Meine Tochter hat Style. Einen unkonventionellen, zugegeben, aber definitiv einen, der in Erinnerung bleibt. Sie kombiniert Schlafanzughosen mit Jeans-Hot-Pants, Sportshirt mit meiner ausrangierten 70er-Jahre-Vintage-Skijacke – im Hochsommer. Und Söckchen in Sandalen mit luftigem Jumpsuit und rotzgrünem Tennis-Sweater im tiefsten Winter. Meine Möglichkeiten, zu intervenieren sind gleich Null. Immer, wenn es mich doch juckt, ihr in der aktuellen Aufmachung den Weg aus dem Haus zu verwehren, denke ich: Keine modische Biografie ist komplett ohne Fehltritte – und ohne die eigene Mutter damit bis aufs Äußerste gereizt zu haben…
Meine Mama hatte mit mir sicher auch ihre modischen Themen: Siebziger-Jahre-Rüschenkleidchen, die höchstens eine Handbreit über dem Po endeten – vorausgesetzt, ich hielt mich kerzengerade. Als Schuluniform, wohlgemerkt. Als Teen hatte ich außerdem ein Faible für bauchfreie Tops und original bestickte Hüfthosen mit Schlag, wobei der Abstand zwischen Hosenbund und Saumkante gut und gern 30 Zentimeter betrug – eine ähnliche Dimension wie der Absatz meiner Plateausandalen. Zum Ausgehen in die Dorfdisco liebte ich Abendkleider mit Gaultier-artigen Spitzbrüsten nebst Opern-Handschuhen, die bis über den Oberarm reichten.
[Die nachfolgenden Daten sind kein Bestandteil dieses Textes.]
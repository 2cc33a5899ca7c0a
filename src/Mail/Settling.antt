-- ===== src/Mail/Settling.antt =====
-- email_worker.rs: every row settles, and what has settled stays.
use sentinel_command.Prelude.{
  ℕ, suc, ◌+◌, ◌≤◌, ◌<◌, ◌≡◌, ◌⊎◌, refl, ap, ◌∙◌, Bool, true, false, List, [], ◌∷◌, some, length,
  arith, Option-cases, inl, inr,
}
use sentinel_command.Interfaces.{nat_eq}
use sentinel_command.Assoc.{Assoc, Distinct, retain, keep_if}
use sentinel_command.Assoc
use sentinel_command.Mail.{
  OutboxRow, Outbox, is_pending, reclaim_row, reclaim, select_pending, mark_row, Tick, Outcome,
  was_sent, was_suppressed, was_failed, outcome, finalize_row, LogRow, run_one_tick,
}
use sentinel_command.Mail.{Status, pending, sending, sent, failed, suppressed}
use sentinel_command.Mail.Laws.{mapped, get-reclaim, reclaim-Distinct, length-reclaim}
use sentinel_command.Mail.Rows.{
  settled_row, after_tick, run-kept, get-run_one_tick, select_pending_lem, get-select_pending,
}

abbrev pub is_terminal : Status → Bool
is_terminal pending = false
is_terminal sending = false
is_terminal sent = true
is_terminal failed = true
is_terminal suppressed = true

reclaim_row_other :
    (now : ℕ) (row : OutboxRow) (status : Status)
    → row.status ≡ status
    → (is_terminal status ≡ true) ⊎ (status ≡ pending)
    → reclaim_row now row ≡ row
reclaim_row_other now row pending e h = rw e refl
reclaim_row_other now row sending e h = ground (arith, h)
reclaim_row_other now row sent e h = rw e refl
reclaim_row_other now row failed e h = rw e refl
reclaim_row_other now row suppressed e h = rw e refl

module _ (batch max_attempts : ℕ) where
  -- A row that has settled is not sent again: no tick changes it.
  pub run_one_tick-terminal :
      (t : Tick) (rows : Outbox) (log : List LogRow) (id : ℕ) (row : OutboxRow)
      → Distinct rows
      → Assoc.get id rows ≡ some row
      → is_terminal row.status ≡ true
      → Assoc.get id (run_one_tick batch max_attempts t rows log).rows ≡ some row
  run_one_tick-terminal t rows log id row d e h =
      let fresh = reclaim t.now rows in
      let still : Assoc.get id fresh ≡ some row =
        get-reclaim t.now id rows
        ∙ ap (mapped (reclaim_row t.now)) e
        ∙ ap (λ (r : OutboxRow). some r) (reclaim_row_other t.now row row.status refl (inl h)) in
      elim (Option-cases (Assoc.get id (select_pending batch fresh))) [
        | inl unread ↦
            get-run_one_tick batch max_attempts t rows log id d
            ∙ ap (λ o. after_tick batch max_attempts t id o (Assoc.get id fresh)) unread
            ∙ still
        | inr (read, found) ↦
            let lem =
              select_pending_lem batch max_attempts t fresh id read (reclaim-Distinct t.now rows d)
                found in
            let same : read ≡ row = ground (arith, lem.0, still) in
            absurd (ground (arith, lem.1, ap (λ (r : OutboxRow). r.status) same, h))
      ]

  -- What is left to a pending row after a tick that reads it.
  pub record Progress (row next : OutboxRow) : Type 0 where
    pub counted : next.attempts ≡ suc row.attempts
    pub settles :
        (is_terminal next.status ≡ true)
        ⊎ ((next.status ≡ pending) × (suc row.attempts < max_attempts))

  finalize-Progress :
      (now : ℕ) (result : Outcome) (row marked : OutboxRow)
      → Progress row (finalize_row max_attempts now row.attempts result marked)
  finalize-Progress now (was_sent message_id) row marked = record {
    counted = refl;
    settles = inl refl;
  }
  finalize-Progress now (was_suppressed reason) row marked = record {
    counted = refl;
    settles = inl refl;
  }
  finalize-Progress now (was_failed error) row marked = record {
    counted = refl;
    settles = ground arith;
  }

  tick-Progress :
      (t : Tick) (rows : Outbox) (log : List LogRow) (id : ℕ) (row : OutboxRow)
      → Distinct rows
      → length rows ≤ batch
      → Assoc.get id rows ≡ some row
      → row.status ≡ pending
      → (next : OutboxRow) × (Assoc.get id (run_one_tick batch max_attempts t rows log).rows
          ≡ some next)
        × Progress row next
  tick-Progress t rows log id row d h e p =
      let fresh = reclaim t.now rows in
      let still : Assoc.get id fresh ≡ some row =
        get-reclaim t.now id rows
        ∙ ap (mapped (reclaim_row t.now)) e
        ∙ ap (λ (r : OutboxRow). some r) (reclaim_row_other t.now row row.status refl (inr p)) in
      let read : Assoc.get id (select_pending batch fresh) ≡ some row =
        get-select_pending batch max_attempts t fresh id (reclaim-Distinct t.now rows d)
          (omega (arith, length-reclaim t.now rows, h))
        ∙ ap (keep_if (λ (r : OutboxRow). is_pending r.status)) still
        ∙ ground (arith, p) in
      (
        settled_row max_attempts t id row (mark_row t.now row),
        get-run_one_tick batch max_attempts t rows log id d
            ∙ ap (λ o. after_tick batch max_attempts t id o (Assoc.get id fresh)) read
            ∙ ap (λ o. mapped (settled_row max_attempts t id row) (mapped (mark_row t.now) o))
                still,
        finalize-Progress t.now (outcome t id row) row (mark_row t.now row),
      )

  -- Ticks in turn, the earliest first.
  unfoldable pub run_ticks : List Tick → Outbox → List LogRow → Outbox
  run_ticks [] rows log = rows
  run_ticks (t ∷ ts) rows log =
      let w = run_one_tick batch max_attempts t rows log in run_ticks ts w.rows w.log

  ticks-terminal :
      (ts : List Tick) (rows : Outbox) (log : List LogRow) (id : ℕ) (row : OutboxRow)
      → Distinct rows
      → Assoc.get id rows ≡ some row
      → is_terminal row.status ≡ true
      → Assoc.get id (run_ticks ts rows log) ≡ some row
  unfolding run_ticks
  ticks-terminal [] rows log id row d e h = e
  ticks-terminal (t ∷ ts) rows log id row d e h =
      let w = run_one_tick batch max_attempts t rows log in
      ticks-terminal ts w.rows w.log id row (run-kept batch max_attempts t rows log d).0
        (run_one_tick-terminal t rows log id row d e h) h

  -- A pending row settles: after as many ticks as it has attempts left, each with a batch that
  -- covers the table, it is sent, suppressed or given up, whatever the sends come to, and it was
  -- tried no more often than is allowed.
  pub run_ticks_settle :
      (ts : List Tick) (rows : Outbox) (log : List LogRow) (id : ℕ) (row : OutboxRow)
      → Distinct rows
      → length rows ≤ batch
      → Assoc.get id rows ≡ some row
      → row.status ≡ pending
      → row.attempts < max_attempts
      → max_attempts ≤ row.attempts + length ts
      → (last : OutboxRow) × (Assoc.get id (run_ticks ts rows log) ≡ some last)
        × (is_terminal last.status ≡ true)
        × (last.attempts ≤ max_attempts)
  unfolding run_ticks
  run_ticks_settle [] rows log id row d h e p below enough = absurd (omega arith)
  run_ticks_settle (t ∷ ts) rows log id row d h e p below enough =
      let w = run_one_tick batch max_attempts t rows log in
      let kept = run-kept batch max_attempts t rows log d in
      let step = tick-Progress t rows log id row d h e p in
      elim step.2.settles [
        | inl over ↦ (
          step.0,
          ticks-terminal ts w.rows w.log id step.0 kept.0 step.1 over,
          over,
          omega (arith, step.2.counted),
        )
        | inr (again, left) ↦
            run_ticks_settle ts w.rows w.log id step.0 kept.0 (omega (arith, kept.1, h)) step.1
              again (omega (arith, step.2.counted, left)) (omega (arith, step.2.counted, enough))
      ]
Und der Lidstrich schlängelte sich bis zur Schläfe.
Das waren Glanzzeiten der Geschmacksverirrung!
Vielleicht hatte meine Mutter aber auch selbst schuld, dass ich ab 13 so einen Styling-Schub machte: Wenn ich Kinder-Bilder von mir anschaue, schießt mir noch 35 Jahre später die Schamesröte ins Gesicht: Zeltartige Fruit-of-the-Loom-Shirts kombiniert mit karottigen Stone-Washed-Witboy-Jeans und neonfarben gestreiften Polyester-Pullis. Getoppt nur von meiner Steffi-Graf-Gedächtnisfrisur.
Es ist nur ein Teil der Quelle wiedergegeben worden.